__Task__.
Among the lines below, keep only those from the one containing "(set_alive alive c))" through the one containing "(p, node_info_monitor) s", and reproduce them exactly.

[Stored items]
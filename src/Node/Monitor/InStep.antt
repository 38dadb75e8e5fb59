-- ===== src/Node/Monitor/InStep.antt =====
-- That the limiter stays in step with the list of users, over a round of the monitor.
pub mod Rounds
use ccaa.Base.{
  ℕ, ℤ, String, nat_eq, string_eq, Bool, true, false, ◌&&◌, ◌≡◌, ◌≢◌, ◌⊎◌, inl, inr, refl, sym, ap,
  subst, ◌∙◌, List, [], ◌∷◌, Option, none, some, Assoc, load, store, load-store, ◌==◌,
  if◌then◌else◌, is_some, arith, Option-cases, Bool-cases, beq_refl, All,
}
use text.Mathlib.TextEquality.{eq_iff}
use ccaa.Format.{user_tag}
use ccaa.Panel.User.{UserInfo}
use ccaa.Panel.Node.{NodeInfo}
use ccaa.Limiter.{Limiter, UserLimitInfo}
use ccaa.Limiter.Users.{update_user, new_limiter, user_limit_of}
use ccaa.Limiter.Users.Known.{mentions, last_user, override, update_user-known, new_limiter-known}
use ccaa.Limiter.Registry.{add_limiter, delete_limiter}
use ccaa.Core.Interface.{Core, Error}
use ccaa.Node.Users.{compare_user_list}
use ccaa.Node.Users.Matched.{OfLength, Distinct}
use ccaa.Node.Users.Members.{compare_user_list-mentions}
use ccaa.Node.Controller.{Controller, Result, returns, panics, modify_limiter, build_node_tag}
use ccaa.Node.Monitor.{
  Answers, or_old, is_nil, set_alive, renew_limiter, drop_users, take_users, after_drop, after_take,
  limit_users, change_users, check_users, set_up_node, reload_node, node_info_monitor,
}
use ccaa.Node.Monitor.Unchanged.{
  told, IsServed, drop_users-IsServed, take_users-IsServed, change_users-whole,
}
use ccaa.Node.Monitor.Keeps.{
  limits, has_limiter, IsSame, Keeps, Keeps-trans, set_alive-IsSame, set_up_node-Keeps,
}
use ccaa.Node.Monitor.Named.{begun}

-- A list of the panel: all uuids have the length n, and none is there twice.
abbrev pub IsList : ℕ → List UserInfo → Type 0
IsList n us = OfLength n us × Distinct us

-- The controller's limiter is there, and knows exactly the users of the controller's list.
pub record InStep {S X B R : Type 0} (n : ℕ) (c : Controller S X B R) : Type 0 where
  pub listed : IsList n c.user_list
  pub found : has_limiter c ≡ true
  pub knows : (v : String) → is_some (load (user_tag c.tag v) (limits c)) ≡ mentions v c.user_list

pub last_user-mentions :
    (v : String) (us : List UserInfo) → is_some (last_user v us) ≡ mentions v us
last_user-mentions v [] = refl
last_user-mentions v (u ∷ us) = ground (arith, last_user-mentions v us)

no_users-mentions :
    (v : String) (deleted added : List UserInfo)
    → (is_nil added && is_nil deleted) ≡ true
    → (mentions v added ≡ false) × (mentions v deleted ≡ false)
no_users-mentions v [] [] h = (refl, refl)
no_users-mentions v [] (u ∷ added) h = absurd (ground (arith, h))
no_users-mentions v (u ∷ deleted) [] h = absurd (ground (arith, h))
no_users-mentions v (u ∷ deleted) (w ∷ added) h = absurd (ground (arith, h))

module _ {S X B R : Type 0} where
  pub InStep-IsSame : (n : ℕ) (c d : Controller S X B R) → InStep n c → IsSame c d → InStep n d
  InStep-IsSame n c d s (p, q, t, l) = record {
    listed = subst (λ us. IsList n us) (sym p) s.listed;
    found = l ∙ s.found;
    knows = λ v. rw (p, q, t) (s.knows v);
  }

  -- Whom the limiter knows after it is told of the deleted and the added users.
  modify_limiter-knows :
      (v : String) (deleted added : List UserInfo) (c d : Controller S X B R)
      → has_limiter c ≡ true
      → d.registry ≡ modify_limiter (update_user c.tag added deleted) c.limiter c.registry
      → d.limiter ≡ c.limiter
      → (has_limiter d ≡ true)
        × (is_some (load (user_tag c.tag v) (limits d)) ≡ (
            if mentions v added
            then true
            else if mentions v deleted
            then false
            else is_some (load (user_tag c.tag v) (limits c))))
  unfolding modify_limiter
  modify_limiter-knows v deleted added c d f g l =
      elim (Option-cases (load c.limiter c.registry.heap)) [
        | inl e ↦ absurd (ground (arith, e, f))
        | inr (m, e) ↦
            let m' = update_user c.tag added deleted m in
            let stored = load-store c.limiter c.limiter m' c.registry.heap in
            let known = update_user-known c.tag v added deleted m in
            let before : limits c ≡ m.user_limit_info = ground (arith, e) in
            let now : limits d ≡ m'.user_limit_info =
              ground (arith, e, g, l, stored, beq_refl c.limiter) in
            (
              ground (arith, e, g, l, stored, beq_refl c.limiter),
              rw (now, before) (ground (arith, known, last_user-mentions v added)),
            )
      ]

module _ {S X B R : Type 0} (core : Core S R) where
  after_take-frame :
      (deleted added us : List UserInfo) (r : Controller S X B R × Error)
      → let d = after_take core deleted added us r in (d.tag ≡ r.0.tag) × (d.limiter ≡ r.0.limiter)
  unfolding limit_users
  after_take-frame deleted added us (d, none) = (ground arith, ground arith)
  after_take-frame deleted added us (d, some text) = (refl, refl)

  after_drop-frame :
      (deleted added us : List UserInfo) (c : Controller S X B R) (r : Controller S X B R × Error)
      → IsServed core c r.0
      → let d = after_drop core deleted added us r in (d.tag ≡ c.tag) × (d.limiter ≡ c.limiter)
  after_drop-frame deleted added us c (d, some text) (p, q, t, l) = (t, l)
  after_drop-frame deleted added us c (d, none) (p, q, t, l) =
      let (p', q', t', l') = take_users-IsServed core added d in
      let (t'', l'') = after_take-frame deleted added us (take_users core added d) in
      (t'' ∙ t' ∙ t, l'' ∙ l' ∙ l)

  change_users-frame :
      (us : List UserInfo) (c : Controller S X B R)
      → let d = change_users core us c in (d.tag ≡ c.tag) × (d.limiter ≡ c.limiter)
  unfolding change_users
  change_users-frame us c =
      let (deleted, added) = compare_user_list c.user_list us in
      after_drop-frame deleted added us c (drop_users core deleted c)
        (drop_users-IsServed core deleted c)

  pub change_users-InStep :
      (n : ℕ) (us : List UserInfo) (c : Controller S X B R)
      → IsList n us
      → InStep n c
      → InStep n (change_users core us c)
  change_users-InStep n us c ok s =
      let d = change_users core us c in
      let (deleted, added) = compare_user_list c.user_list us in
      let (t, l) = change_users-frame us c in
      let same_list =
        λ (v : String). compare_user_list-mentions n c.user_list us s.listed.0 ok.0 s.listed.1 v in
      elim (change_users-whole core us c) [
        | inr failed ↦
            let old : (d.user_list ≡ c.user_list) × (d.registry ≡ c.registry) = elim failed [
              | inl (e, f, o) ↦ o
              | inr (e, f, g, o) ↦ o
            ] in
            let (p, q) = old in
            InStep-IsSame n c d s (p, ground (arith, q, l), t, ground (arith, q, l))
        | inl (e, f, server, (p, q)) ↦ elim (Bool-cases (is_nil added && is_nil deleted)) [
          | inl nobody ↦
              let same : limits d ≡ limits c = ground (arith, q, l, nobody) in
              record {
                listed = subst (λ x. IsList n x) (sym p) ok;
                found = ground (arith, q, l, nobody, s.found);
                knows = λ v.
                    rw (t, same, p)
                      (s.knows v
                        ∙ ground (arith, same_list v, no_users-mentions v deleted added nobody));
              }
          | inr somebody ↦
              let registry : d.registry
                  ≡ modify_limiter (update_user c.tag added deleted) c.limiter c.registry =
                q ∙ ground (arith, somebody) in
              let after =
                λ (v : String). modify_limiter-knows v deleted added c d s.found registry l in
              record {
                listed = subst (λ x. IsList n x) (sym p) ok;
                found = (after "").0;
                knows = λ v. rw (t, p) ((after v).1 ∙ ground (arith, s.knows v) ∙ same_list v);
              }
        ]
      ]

--

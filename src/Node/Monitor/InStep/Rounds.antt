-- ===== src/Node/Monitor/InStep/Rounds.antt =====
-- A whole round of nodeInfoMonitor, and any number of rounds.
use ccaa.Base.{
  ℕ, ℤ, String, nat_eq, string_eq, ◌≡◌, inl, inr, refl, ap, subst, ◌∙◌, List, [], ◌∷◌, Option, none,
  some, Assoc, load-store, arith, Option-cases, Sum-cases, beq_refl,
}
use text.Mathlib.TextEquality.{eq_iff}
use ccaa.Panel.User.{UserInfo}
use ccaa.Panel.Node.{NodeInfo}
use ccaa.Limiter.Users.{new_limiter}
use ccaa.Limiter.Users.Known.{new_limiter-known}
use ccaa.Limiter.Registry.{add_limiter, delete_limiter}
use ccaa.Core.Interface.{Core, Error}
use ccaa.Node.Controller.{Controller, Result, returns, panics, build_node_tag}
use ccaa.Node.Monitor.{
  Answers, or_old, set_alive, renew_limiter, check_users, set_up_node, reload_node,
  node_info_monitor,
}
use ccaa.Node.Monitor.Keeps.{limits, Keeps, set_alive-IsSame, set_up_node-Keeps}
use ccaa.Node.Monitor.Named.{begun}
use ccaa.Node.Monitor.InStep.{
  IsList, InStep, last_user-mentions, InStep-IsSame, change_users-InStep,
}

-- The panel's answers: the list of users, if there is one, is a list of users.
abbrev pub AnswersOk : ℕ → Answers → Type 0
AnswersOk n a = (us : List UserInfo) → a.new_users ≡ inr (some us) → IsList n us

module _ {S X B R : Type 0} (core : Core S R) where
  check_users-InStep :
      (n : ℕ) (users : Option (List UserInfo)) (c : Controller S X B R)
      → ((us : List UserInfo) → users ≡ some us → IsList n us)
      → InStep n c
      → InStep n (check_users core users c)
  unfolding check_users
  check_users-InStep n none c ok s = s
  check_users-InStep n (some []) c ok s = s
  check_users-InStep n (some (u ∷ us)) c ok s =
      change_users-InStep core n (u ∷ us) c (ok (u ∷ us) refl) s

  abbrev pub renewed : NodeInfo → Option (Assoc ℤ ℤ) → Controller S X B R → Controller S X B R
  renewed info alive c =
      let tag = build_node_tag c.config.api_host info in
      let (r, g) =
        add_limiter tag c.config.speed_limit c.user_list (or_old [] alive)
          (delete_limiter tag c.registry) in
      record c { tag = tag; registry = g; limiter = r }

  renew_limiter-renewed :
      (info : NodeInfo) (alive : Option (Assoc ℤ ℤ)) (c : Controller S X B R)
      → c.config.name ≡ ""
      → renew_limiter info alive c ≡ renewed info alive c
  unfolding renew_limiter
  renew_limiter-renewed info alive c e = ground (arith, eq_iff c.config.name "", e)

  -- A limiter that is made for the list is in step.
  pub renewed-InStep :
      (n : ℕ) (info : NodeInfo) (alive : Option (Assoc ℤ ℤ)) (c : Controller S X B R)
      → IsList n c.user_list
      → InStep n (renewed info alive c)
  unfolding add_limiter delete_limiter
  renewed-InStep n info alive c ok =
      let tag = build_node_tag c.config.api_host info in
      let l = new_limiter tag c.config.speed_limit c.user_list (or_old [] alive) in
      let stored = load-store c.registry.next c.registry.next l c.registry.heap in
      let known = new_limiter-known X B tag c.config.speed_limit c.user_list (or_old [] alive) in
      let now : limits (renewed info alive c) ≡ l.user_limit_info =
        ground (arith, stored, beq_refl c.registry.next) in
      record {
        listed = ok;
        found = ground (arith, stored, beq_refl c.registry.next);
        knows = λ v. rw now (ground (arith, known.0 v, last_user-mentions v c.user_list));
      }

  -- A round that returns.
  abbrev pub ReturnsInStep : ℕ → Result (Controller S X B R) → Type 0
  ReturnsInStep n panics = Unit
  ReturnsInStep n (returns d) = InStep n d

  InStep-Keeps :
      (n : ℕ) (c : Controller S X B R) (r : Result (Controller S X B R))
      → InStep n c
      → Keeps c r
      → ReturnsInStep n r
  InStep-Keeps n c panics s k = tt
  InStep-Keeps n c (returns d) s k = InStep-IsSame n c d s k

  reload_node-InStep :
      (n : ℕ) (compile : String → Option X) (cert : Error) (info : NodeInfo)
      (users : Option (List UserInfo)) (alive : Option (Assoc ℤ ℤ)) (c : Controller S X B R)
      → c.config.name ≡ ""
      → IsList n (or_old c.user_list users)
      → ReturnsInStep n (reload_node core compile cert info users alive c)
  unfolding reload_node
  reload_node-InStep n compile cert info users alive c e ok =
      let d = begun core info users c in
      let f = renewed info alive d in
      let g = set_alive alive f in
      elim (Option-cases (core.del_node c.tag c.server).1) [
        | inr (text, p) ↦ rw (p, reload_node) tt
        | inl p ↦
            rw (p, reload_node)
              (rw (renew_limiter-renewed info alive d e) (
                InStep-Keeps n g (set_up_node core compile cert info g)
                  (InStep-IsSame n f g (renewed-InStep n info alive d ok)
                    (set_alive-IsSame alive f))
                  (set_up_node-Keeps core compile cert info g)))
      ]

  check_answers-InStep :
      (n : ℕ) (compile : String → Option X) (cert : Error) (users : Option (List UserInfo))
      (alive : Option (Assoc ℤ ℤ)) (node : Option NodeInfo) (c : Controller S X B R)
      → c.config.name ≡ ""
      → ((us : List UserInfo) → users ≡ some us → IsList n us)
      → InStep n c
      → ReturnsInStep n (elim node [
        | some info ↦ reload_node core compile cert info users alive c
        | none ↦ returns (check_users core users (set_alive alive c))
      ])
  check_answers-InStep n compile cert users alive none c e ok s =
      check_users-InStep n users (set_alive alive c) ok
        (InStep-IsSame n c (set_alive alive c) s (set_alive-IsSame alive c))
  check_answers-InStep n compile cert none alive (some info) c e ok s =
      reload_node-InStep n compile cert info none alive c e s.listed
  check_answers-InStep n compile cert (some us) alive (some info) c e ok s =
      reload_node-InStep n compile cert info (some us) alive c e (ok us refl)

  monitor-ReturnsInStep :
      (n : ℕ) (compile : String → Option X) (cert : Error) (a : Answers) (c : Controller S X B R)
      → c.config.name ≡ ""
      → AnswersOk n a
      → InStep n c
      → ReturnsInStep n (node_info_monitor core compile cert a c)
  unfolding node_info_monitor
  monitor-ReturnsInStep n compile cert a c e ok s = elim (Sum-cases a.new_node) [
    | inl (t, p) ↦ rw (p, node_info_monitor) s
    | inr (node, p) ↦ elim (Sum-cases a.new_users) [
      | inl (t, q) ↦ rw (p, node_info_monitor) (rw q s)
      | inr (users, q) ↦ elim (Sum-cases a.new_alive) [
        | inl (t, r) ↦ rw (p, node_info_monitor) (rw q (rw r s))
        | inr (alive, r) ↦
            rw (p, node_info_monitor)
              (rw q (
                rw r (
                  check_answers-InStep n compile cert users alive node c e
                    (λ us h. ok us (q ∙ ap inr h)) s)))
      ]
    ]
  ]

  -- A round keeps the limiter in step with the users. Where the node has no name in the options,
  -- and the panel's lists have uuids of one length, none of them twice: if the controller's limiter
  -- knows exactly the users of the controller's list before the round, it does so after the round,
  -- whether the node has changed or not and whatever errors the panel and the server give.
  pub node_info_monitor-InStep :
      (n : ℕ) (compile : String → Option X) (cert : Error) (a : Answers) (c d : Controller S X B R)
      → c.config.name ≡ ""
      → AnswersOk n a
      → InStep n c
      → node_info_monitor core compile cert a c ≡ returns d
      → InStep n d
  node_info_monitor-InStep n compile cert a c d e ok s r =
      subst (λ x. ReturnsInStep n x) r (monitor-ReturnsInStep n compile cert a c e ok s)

==

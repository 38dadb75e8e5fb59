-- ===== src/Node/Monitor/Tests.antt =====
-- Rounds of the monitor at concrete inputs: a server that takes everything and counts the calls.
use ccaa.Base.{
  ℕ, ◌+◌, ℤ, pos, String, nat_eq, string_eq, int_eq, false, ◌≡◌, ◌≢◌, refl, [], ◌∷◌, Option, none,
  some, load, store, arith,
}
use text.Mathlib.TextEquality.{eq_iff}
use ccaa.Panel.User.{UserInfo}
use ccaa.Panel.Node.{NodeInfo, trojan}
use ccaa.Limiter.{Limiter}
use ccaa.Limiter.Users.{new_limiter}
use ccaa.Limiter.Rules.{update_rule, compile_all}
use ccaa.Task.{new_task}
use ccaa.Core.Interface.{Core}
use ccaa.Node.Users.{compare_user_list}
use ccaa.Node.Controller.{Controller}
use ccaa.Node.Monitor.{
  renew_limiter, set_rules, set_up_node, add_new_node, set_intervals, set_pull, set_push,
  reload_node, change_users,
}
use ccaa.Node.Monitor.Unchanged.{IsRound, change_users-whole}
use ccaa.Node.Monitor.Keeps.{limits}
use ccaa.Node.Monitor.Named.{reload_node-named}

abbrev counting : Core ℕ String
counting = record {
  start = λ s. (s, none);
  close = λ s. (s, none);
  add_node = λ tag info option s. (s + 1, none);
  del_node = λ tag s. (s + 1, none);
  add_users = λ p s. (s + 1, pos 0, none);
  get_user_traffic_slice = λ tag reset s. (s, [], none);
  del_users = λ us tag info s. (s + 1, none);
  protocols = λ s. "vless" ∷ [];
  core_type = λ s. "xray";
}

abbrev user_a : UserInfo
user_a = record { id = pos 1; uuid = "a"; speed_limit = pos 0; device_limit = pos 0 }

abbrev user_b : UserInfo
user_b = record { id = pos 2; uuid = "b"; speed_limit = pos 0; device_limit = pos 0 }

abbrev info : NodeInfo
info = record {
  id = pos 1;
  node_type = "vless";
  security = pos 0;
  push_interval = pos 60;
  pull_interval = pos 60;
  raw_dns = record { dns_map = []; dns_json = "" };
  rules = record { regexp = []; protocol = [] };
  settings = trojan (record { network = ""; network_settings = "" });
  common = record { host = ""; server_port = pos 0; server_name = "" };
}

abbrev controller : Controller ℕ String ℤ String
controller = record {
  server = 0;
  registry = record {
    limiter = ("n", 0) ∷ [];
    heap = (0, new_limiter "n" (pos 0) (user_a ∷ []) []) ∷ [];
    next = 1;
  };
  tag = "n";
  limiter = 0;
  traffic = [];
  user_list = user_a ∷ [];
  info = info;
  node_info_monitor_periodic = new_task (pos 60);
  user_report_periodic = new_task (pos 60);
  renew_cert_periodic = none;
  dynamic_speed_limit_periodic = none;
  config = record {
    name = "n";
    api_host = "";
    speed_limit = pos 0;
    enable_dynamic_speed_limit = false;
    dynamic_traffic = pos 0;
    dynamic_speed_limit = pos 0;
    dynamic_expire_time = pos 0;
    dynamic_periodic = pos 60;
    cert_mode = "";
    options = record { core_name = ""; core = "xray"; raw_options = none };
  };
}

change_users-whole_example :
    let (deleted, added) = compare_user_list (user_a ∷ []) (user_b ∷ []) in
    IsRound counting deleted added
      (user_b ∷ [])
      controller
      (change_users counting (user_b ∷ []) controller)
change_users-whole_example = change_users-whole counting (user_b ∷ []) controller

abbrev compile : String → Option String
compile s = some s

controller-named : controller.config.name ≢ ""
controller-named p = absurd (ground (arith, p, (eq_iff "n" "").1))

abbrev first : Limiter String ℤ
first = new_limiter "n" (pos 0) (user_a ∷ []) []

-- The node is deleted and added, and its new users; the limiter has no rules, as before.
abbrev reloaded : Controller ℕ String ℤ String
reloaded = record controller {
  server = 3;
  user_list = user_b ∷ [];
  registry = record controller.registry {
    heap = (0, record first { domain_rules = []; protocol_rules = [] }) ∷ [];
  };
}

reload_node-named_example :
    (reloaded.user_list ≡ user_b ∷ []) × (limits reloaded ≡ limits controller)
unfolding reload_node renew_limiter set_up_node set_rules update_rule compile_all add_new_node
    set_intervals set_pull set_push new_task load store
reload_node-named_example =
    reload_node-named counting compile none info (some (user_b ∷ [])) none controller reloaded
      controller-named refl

__Solution below__.
        | none ↦ returns (check_users core users (set_alive alive c))
      ])
  check_answers-InStep n compile cert users alive none c e ok s =
      check_users-InStep n users (set_alive alive c) ok
        (InStep-IsSame n c (set_alive alive c) s (set_alive-IsSame alive c))
  check_answers-InStep n compile cert none alive (some info) c e ok s =
      reload_node-InStep n compile cert info none alive c e s.listed
  check_answers-InStep n compile cert (some us) alive (some info) c e ok s =
      reload_node-InStep n compile cert info (some us) alive c e (ok us refl)

  monitor-ReturnsInStep :
      (n : ℕ) (compile : String → Option X) (cert : Error) (a : Answers) (c : Controller S X B R)
      → c.config.name ≡ ""
      → AnswersOk n a
      → InStep n c
      → ReturnsInStep n (node_info_monitor core compile cert a c)
  unfolding node_info_monitor
  monitor-ReturnsInStep n compile cert a c e ok s = elim (Sum-cases a.new_node) [
    | inl (t, p) ↦ rw (p, node_info_monitor) s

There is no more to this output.